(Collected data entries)
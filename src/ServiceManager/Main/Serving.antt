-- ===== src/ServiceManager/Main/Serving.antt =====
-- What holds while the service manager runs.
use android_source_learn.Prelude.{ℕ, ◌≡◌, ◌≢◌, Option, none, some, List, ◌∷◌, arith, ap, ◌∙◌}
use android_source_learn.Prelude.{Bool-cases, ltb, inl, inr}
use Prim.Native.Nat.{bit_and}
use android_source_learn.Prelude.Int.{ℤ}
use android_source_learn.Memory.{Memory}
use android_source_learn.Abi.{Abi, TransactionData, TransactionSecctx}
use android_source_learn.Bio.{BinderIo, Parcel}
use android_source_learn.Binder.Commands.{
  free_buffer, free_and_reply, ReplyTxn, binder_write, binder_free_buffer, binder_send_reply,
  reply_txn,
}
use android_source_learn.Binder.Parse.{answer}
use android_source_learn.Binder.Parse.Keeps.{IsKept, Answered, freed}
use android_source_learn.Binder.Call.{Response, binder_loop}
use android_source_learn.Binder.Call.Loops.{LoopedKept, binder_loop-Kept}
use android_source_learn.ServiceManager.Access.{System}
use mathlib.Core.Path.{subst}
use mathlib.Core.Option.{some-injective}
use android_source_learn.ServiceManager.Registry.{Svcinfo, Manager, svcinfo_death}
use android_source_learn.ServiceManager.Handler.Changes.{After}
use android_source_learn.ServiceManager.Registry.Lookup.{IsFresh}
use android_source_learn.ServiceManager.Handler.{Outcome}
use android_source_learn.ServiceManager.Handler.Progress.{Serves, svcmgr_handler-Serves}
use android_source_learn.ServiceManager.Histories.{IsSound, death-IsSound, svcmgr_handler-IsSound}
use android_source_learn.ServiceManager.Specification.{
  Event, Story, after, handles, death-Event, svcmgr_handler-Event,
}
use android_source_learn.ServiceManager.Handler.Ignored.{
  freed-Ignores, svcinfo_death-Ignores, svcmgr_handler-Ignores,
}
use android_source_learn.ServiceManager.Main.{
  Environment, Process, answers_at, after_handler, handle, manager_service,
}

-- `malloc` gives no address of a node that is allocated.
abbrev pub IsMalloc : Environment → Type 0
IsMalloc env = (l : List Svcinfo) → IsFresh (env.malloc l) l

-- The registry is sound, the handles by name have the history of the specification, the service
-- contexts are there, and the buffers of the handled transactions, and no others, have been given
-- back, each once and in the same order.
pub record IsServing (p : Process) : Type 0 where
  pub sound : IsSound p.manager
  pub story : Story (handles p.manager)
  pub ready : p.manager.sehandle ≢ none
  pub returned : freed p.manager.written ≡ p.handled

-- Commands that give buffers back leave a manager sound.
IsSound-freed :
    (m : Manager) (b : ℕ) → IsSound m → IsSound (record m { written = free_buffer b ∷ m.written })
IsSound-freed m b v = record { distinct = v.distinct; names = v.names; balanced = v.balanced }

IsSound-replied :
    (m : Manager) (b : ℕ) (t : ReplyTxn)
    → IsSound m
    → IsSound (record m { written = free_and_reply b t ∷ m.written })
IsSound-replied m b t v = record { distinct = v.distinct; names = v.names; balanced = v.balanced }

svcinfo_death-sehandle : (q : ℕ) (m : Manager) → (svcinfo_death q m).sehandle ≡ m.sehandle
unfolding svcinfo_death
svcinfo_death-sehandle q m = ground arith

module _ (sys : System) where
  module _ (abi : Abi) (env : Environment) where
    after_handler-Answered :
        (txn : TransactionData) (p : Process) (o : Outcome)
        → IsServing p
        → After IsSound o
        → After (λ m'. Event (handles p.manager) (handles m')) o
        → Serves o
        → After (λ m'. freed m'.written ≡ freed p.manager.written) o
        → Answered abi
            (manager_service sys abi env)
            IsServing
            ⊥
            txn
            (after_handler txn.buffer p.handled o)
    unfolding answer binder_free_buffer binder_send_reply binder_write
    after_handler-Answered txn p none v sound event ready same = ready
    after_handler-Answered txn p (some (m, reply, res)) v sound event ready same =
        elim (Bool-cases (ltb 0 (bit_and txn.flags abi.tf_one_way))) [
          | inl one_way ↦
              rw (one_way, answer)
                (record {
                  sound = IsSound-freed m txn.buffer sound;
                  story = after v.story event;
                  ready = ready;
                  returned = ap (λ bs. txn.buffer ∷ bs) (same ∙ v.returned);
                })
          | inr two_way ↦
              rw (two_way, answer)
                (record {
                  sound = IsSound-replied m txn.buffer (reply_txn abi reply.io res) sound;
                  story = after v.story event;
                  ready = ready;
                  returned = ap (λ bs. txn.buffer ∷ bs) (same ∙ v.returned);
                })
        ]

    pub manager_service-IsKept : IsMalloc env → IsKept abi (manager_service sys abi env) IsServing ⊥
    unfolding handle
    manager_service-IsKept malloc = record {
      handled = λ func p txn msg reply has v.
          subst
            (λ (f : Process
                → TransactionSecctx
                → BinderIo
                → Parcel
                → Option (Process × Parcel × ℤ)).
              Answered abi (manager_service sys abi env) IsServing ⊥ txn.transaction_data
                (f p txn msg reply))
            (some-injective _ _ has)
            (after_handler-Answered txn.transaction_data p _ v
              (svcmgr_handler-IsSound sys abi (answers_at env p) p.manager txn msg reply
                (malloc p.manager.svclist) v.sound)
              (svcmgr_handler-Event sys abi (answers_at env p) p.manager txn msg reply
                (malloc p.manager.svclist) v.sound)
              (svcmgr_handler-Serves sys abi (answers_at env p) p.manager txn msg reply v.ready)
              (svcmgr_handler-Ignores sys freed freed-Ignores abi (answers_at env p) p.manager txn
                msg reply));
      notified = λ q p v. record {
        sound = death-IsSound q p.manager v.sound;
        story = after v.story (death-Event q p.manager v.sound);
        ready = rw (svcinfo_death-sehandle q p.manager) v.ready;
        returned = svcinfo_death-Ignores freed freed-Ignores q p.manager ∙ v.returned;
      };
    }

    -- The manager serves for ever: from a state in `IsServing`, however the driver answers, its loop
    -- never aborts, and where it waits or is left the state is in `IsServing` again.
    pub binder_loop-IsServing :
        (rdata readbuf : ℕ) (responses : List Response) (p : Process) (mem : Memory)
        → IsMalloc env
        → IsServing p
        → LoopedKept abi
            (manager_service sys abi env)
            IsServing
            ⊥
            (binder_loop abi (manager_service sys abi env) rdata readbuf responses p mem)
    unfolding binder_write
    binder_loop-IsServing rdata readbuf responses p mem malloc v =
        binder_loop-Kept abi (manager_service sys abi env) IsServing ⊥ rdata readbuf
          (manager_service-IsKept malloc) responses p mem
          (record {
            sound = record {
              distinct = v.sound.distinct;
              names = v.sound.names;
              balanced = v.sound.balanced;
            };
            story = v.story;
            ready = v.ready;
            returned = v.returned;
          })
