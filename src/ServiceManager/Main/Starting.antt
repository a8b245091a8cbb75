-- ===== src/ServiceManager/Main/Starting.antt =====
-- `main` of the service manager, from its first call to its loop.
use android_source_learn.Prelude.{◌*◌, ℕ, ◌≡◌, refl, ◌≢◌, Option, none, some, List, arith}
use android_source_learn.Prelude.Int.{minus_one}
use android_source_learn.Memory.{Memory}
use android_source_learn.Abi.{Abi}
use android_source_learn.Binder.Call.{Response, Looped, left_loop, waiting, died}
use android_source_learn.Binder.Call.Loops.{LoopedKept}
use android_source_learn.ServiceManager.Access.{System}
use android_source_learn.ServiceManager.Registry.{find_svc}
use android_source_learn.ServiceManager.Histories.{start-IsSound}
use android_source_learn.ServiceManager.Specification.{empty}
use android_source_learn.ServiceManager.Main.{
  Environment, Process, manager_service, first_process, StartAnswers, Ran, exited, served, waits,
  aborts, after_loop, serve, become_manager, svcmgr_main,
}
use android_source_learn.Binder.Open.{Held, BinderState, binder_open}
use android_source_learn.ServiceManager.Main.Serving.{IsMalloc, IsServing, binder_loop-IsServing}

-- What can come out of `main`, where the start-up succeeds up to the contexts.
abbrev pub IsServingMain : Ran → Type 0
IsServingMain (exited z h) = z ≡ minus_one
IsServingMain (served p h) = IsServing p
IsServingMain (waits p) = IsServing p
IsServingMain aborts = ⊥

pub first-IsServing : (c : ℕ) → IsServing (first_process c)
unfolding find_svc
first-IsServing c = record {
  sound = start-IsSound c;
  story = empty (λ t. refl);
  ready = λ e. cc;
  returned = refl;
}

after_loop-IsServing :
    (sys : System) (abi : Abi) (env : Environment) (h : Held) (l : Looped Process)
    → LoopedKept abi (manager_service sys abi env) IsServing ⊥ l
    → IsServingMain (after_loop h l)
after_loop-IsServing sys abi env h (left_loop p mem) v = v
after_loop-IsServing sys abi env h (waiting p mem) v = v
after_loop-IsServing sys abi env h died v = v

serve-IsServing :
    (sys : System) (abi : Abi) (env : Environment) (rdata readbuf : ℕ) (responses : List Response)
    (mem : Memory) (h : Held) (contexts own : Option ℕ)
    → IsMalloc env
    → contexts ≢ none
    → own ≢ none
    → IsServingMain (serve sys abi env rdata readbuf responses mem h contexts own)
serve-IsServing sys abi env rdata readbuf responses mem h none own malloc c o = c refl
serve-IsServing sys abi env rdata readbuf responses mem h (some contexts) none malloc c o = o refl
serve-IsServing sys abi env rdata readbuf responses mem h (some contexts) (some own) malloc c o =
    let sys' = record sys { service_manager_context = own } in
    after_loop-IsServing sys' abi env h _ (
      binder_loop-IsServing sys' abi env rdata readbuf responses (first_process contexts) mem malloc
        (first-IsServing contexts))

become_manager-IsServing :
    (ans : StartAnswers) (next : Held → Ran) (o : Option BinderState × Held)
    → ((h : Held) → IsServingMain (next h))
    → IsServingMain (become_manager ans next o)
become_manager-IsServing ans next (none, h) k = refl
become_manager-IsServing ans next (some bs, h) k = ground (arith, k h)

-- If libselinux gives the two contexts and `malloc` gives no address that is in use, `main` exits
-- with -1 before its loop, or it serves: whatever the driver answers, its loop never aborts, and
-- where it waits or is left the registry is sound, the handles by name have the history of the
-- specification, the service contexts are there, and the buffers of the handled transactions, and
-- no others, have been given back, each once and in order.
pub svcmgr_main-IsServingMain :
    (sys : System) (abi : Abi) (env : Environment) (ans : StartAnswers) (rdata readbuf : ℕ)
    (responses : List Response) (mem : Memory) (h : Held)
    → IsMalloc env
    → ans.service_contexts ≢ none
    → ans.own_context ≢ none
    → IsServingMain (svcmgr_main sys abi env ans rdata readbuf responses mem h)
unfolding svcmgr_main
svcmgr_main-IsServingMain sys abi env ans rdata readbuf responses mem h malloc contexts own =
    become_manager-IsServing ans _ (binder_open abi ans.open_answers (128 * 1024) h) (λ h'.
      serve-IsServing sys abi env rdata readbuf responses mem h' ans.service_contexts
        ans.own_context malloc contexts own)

**EXERCISE BRIEF:**
Every line above from the line with "ready = rw (svcinfo_death-sehandle" to the line with "-- The manager" is wanted, ends included; write them out exactly and add no other line.

**FINAL ANSWER:**
        ready = rw (svcinfo_death-sehandle q p.manager) v.ready;
        returned = svcinfo_death-Ignores freed freed-Ignores q p.manager ∙ v.returned;
      };
    }

    -- The manager serves for ever: from a state in `IsServing`, however the driver answers, its loop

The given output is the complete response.